(Collected data)
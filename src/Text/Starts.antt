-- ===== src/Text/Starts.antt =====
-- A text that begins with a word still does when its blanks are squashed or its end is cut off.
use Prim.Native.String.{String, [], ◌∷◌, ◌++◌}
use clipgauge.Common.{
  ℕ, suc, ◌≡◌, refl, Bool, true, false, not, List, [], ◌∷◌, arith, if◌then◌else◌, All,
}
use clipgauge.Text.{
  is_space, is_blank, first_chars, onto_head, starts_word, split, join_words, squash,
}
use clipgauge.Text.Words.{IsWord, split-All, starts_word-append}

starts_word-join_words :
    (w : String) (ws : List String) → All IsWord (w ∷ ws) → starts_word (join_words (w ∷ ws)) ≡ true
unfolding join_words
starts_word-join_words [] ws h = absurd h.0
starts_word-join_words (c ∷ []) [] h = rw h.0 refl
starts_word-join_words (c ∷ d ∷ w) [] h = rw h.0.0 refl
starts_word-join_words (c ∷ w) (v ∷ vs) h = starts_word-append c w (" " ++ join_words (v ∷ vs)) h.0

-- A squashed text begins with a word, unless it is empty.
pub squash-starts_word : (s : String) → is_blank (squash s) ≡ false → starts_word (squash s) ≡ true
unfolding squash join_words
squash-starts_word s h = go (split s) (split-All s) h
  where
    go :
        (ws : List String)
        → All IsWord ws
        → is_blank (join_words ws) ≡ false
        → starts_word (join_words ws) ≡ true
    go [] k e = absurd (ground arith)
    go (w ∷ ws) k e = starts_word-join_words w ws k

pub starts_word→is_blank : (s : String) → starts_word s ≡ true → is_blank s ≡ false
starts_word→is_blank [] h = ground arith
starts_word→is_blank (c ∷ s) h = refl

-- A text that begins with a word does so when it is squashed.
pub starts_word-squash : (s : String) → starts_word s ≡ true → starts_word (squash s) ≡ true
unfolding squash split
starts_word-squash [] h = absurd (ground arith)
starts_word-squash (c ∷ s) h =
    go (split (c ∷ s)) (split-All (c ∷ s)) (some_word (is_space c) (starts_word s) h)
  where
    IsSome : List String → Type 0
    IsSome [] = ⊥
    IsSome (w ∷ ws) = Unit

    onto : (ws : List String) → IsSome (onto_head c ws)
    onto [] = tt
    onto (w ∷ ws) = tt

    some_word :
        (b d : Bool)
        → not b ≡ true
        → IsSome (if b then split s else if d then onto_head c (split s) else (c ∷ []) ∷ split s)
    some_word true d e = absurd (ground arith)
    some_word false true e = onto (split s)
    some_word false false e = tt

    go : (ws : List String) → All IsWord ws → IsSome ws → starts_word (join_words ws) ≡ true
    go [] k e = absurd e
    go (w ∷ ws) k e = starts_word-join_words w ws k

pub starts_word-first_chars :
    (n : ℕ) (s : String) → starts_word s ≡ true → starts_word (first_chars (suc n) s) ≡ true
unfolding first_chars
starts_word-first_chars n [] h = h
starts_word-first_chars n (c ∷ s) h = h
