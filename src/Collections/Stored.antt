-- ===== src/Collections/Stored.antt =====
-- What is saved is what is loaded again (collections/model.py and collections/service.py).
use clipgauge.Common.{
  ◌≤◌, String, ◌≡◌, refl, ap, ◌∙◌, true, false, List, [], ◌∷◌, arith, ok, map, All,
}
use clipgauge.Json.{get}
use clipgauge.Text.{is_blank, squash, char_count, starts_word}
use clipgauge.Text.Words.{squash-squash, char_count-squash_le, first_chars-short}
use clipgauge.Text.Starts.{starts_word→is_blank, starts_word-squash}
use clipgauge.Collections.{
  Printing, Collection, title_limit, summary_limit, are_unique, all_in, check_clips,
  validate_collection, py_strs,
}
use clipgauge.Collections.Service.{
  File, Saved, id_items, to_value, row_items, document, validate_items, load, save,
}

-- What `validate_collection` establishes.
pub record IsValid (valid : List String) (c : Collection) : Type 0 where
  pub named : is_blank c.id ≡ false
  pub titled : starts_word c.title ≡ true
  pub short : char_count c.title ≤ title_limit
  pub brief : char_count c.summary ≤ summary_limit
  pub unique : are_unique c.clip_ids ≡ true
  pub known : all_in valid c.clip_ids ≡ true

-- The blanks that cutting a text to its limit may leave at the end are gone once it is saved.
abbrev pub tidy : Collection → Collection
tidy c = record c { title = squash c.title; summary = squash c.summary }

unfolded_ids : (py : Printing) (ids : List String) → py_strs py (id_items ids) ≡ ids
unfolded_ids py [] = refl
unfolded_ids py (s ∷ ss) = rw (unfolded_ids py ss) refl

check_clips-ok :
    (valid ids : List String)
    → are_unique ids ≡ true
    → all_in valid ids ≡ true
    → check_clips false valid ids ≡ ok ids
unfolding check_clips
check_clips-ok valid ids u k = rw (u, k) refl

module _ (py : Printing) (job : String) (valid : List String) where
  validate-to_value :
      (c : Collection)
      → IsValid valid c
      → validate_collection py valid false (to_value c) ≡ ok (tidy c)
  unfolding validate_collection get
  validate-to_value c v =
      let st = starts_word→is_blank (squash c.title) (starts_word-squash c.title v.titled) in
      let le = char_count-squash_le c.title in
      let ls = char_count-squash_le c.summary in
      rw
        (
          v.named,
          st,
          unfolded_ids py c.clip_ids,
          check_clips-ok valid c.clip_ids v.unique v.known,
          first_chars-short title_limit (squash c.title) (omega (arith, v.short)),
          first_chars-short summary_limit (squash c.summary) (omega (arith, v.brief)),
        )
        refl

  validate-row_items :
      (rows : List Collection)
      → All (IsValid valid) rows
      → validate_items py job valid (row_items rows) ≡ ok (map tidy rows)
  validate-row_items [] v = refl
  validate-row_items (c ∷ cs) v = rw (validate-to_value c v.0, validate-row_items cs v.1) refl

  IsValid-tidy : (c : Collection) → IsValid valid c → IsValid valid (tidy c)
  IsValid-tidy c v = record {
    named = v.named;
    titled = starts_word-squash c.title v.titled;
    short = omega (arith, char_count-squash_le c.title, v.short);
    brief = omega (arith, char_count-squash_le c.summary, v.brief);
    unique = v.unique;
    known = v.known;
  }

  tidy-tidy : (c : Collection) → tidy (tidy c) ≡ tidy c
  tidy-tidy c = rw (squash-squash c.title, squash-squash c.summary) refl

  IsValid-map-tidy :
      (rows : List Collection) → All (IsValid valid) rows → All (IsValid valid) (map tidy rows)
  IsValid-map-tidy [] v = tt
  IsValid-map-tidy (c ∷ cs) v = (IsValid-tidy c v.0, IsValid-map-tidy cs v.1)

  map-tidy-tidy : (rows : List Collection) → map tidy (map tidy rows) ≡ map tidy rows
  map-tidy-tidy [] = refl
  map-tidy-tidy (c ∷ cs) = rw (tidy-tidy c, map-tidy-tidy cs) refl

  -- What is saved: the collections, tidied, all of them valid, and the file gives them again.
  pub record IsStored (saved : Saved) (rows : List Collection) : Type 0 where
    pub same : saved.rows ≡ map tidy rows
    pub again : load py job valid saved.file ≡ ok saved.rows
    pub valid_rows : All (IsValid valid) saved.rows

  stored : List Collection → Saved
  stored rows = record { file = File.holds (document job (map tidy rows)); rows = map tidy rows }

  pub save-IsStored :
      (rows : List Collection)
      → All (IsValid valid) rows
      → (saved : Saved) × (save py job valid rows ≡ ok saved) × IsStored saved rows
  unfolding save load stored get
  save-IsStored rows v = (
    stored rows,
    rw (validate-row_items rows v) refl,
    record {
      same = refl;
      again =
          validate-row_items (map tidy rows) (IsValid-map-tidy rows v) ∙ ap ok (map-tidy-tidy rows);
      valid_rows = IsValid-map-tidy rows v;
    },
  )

▶ **ABOUT THIS TASK**:
The answer should be an exact copy of the lines from the first line of the data through the line with "unfolding squash join_words" and should contain nothing else.

▶ **EXERCISE ANSWER**:
filename src/Text/Starts.antt
-- ===== src/Text/Starts.antt =====
-- A text that begins with a word still does when its blanks are squashed or its end is cut off.
use Prim.Native.String.{String, [], ◌∷◌, ◌++◌}
use clipgauge.Common.{
  ℕ, suc, ◌≡◌, refl, Bool, true, false, not, List, [], ◌∷◌, arith, if◌then◌else◌, All,
}
use clipgauge.Text.{
  is_space, is_blank, first_chars, onto_head, starts_word, split, join_words, squash,
}
use clipgauge.Text.Words.{IsWord, split-All, starts_word-append}

starts_word-join_words :
    (w : String) (ws : List String) → All IsWord (w ∷ ws) → starts_word (join_words (w ∷ ws)) ≡ true
unfolding join_words
starts_word-join_words [] ws h = absurd h.0
starts_word-join_words (c ∷ []) [] h = rw h.0 refl
starts_word-join_words (c ∷ d ∷ w) [] h = rw h.0.0 refl
starts_word-join_words (c ∷ w) (v ∷ vs) h = starts_word-append c w (" " ++ join_words (v ∷ vs)) h.0

-- A squashed text begins with a word, unless it is empty.
pub squash-starts_word : (s : String) → is_blank (squash s) ≡ false → starts_word (squash s) ≡ true
unfolding squash join_words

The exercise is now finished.